# Tupperdor, an airtight question



## Grangerford (Oct 9, 2017)

While washing my new Sistema container in preparation for Tupperdor duties, I decided to half fill it with water and test the company's airtight claim. Well, once I turned the Sistema on its side, it leaked like a sieve - not a dribble, but a steady stream of water akin to a water fountain. Since this is my first Tupperdor (and first foray into the world of cigars, too), I thought I would ask the good people of Puff if 100% airtightness is necessary with a Tupperdor? By the way, I do have a hygrometer and Boveda pack for the Tupperdor.

Thank you.


----------



## Clark Stewart (Aug 27, 2017)

It's not 100% necessary. Wood humidors, even the best of them, are never airtight. This is a good thing because as cigars age they need to release some of the tobacco chemicals into the air. That's why they recommend opening your coolidors fairly regularly to exchange stale air. As long as humidity is solid in your tupperdor you're good to go. 
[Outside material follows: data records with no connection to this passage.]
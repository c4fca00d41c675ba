-- ===== src/Elf/Loader/Entry.antt =====
-- src/boot/elf.rs: which segment decides on the physical entry point.
use mathlib.Core.Option.{get_or}
use mathlib.Core.Path.{ap₂, subst}
use towboot_rust.Prelude.{
  ℕ, ◌+◌, ◌-◌, ◌^◌, ◌<◌, ◌≡◌, sym, ◌∙◌, Bool, ◌&&◌, Option, none, some, List, [], ◌∷◌, leb, ◌==◌,
  if◌then◌else◌, ok, narrow, Target, wrap_of_lt, subtract_of_le, Result, done, failed, String,
  arith, Bool-cases, inl, inr, All, ==_iff,
}
use towboot_rust.Firmware.{World, PageServices}
use towboot_rust.Firmware.Exec.{>>=-eq-ok, outcome-eq}
use towboot_rust.Elf.Loader.{
  ProgramHeader, OurElfLoader, load_segment, next_segment, load_elf, pt_load, find_entry,
  entry_point, new,
}
use towboot_rust.Elf.Loader.Segment.{load_segment-IsLoaded}

-- The addresses of a segment, with the entry point in it, fit 64 bits.
abbrev pub Fits : ℕ → ProgramHeader → Type 0
Fits entry h = (h.p_vaddr + h.p_memsz < 2 ^ 64) × (h.p_paddr + entry < 2 ^ 64)

-- A segment to be loaded that has the entry point between its first byte and its end, the end
-- included.
unfoldable pub decides : ℕ → ProgramHeader → Bool
decides entry h = h.p_type == pt_load && leb h.p_vaddr entry && leb entry (h.p_vaddr + h.p_memsz)

-- The last segment that decides, of those after which `found` is known.
unfoldable pub translate : ℕ → List ProgramHeader → Option ℕ → Option ℕ
translate entry [] found = found
translate entry (h ∷ hs) found =
    translate entry hs (if decides entry h then some (h.p_paddr + entry - h.p_vaddr) else found)

find_entry-lem :
    (t : Target) (h : ProgramHeader) (l : OurElfLoader) (o : Option ℕ)
    → Fits l.virtual_entry_point h
    → h.p_type ≡ pt_load
    → find_entry t h l ≡ ok o
    → o ≡ (
        if decides l.virtual_entry_point h
        then some (h.p_paddr + l.virtual_entry_point - h.p_vaddr)
        else l.physical_entry_point)
unfolding find_entry decides narrow
find_entry-lem t h l o fits loadable e = ground (
  arith,
  wrap_of_lt {E = ⊥} t 64 (h.p_vaddr + h.p_memsz) fits.0,
  wrap_of_lt {E = ⊥} t 64 (h.p_paddr + l.virtual_entry_point) fits.1,
  subtract_of_le {E = ⊥} t 64 (h.p_paddr + l.virtual_entry_point) h.p_vaddr,
)

module _ (t : Target) {S : Type 0} (f : PageServices S) where
  segment-entry :
      (h : ProgramHeader) (bytes : List ℕ) (l l' : OurElfLoader) (w w' : World S)
      → Fits l.virtual_entry_point h
      → load_segment t f h bytes l w ≡ (ok (done tt, l'), w')
      → (l'.virtual_entry_point ≡ l.virtual_entry_point)
        × (l'.physical_entry_point ≡ (
            if decides l.virtual_entry_point h
            then some (h.p_paddr + l.virtual_entry_point - h.p_vaddr)
            else l.physical_entry_point))
  unfolding load_segment decides
  segment-entry h bytes l l' w w' fits e = elim (Bool-cases (h.p_type == pt_load)) [
    | inl y ↦
        let loadable : h.p_type ≡ pt_load = (==_iff h.p_type pt_load).0 y in
        let i = load_segment-IsLoaded t f h bytes l l' w w' loadable e in
        (i.same_entry, find_entry-lem t h l l'.physical_entry_point fits loadable i.entry)
    | inr n ↦ let o = outcome-eq (rw n at e) in (ground (arith, o), ground (arith, o, n))
  ]

  abbrev Translated : List ProgramHeader → OurElfLoader → OurElfLoader → Type 0
  Translated hs l l' =
      (l'.virtual_entry_point ≡ l.virtual_entry_point)
      × (l'.physical_entry_point ≡ translate l.virtual_entry_point hs l.physical_entry_point)

  behind :
      (h : ProgramHeader) (hs : List ProgramHeader) (l l' : OurElfLoader) (w w1 w' : World S)
      (bytes : List ℕ) (r : Result String (Unit {0}) × OurElfLoader)
      → Fits l.virtual_entry_point h
      → All (Fits l.virtual_entry_point) hs
      → load_segment t f h bytes l w ≡ (ok r, w1)
      → next_segment t f (load_elf t f hs bytes) r w1 ≡ (ok (done tt, l'), w')
      → ((mid : OurElfLoader)
          → All (Fits mid.virtual_entry_point) hs
          → load_elf t f hs bytes mid w1 ≡ (ok (done tt, l'), w')
          → Translated hs mid l')
      → Translated (h ∷ hs) l l'
  unfolding translate
  behind h hs l l' w w1 w' bytes (failed m, mid) fit fits e1 e2 ih =
      let o = outcome-eq e2 in absurd (ground (arith, o))
  behind h hs l l' w w1 w' bytes (done _, mid) fit fits e1 e2 ih =
      let (same, moved) = segment-entry h bytes l mid w w1 fit e1 in
      let (same', moved') = ih mid (subst (λ v. All (Fits v) hs) (sym same) fits) e2 in
      (same' ∙ same, moved' ∙ ap₂ (λ v o. translate v hs o) same moved)

  -- When `load_elf` succeeds, the virtual entry point is kept, and the physical one is that of
  -- the last segment whose range, its end included, has the virtual one, or as before where
  -- there is none. The segments' addresses fit 64 bits.
  pub load_elf-translate :
      (hs : List ProgramHeader) (bytes : List ℕ) (l l' : OurElfLoader) (w w' : World S)
      → All (Fits l.virtual_entry_point) hs
      → load_elf t f hs bytes l w ≡ (ok (done tt, l'), w')
      → (l'.virtual_entry_point ≡ l.virtual_entry_point)
        × (l'.physical_entry_point ≡ translate l.virtual_entry_point hs l.physical_entry_point)
  unfolding load_elf translate
  load_elf-translate [] bytes l l' w w' fits e =
      let o = outcome-eq e in (ground (arith, o), ground (arith, o))
  load_elf-translate (h ∷ hs) bytes l l' w w' (fit, fits) e =
      let (r, w1, e1, e2) =
        >>=-eq-ok (load_segment t f h bytes l) (next_segment t f (load_elf t f hs bytes)) w e in
      behind h hs l l' w w1 w' bytes r fit fits e1 e2
        (λ mid. load_elf-translate hs bytes mid l' w1 w')

  -- After a new loader has loaded all segments, `entry_point` gives the physical address of the
  -- entry point by the last segment whose range, its end included, has it, or the entry point
  -- itself if no segment has it. It fits a `usize`, and the segments' addresses fit 64 bits.
  pub entry_point-load_elf :
      (hs : List ProgramHeader) (bytes : List ℕ) (entry : ℕ) (l' : OurElfLoader) (w w' : World S)
      → All (Fits entry) hs
      → load_elf t f hs bytes (new entry) w ≡ (ok (done tt, l'), w')
      → entry < 2 ^ t.usize_bits
      → entry_point t l' ≡ ok (get_or (translate entry hs none) entry)
  unfolding new entry_point narrow
  entry_point-load_elf hs bytes entry l' w w' fits e small =
      let (same, moved) = load_elf-translate hs bytes (new entry) l' w w' fits e in
      ground (arith, same, moved)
Sent from my iPhone using Tapatalk


----------



## LeatherNeck (Feb 8, 2017)

If it won't hold water it'll def not hold air. Kinda defeats the purpose of the tupperdor IMHO. I'd take it back and get another one (it may be defective).


----------



## LeatherNeck (Feb 8, 2017)

Clark Stewart said:


> It's not 100% necessary. Wood humidors, even the best of them, are never airtight. This is a good thing because as cigars age they need to release some of the tobacco chemicals into the air. That's why they recommend opening your coolidors fairly regularly to exchange stale air. As long as humidity is solid in your tupperdor you're good to go.Sent from my iPhone using Tapatalk


:mmph::hmm: Not exactly correct my friend.


----------



## JtAv8tor (Apr 12, 2017)

my opinion...Sounds defective if it pours out water..


----------



## LeatherNeck (Feb 8, 2017)

JtAv8tor said:


> my opinion...Sounds defective if it pours out water..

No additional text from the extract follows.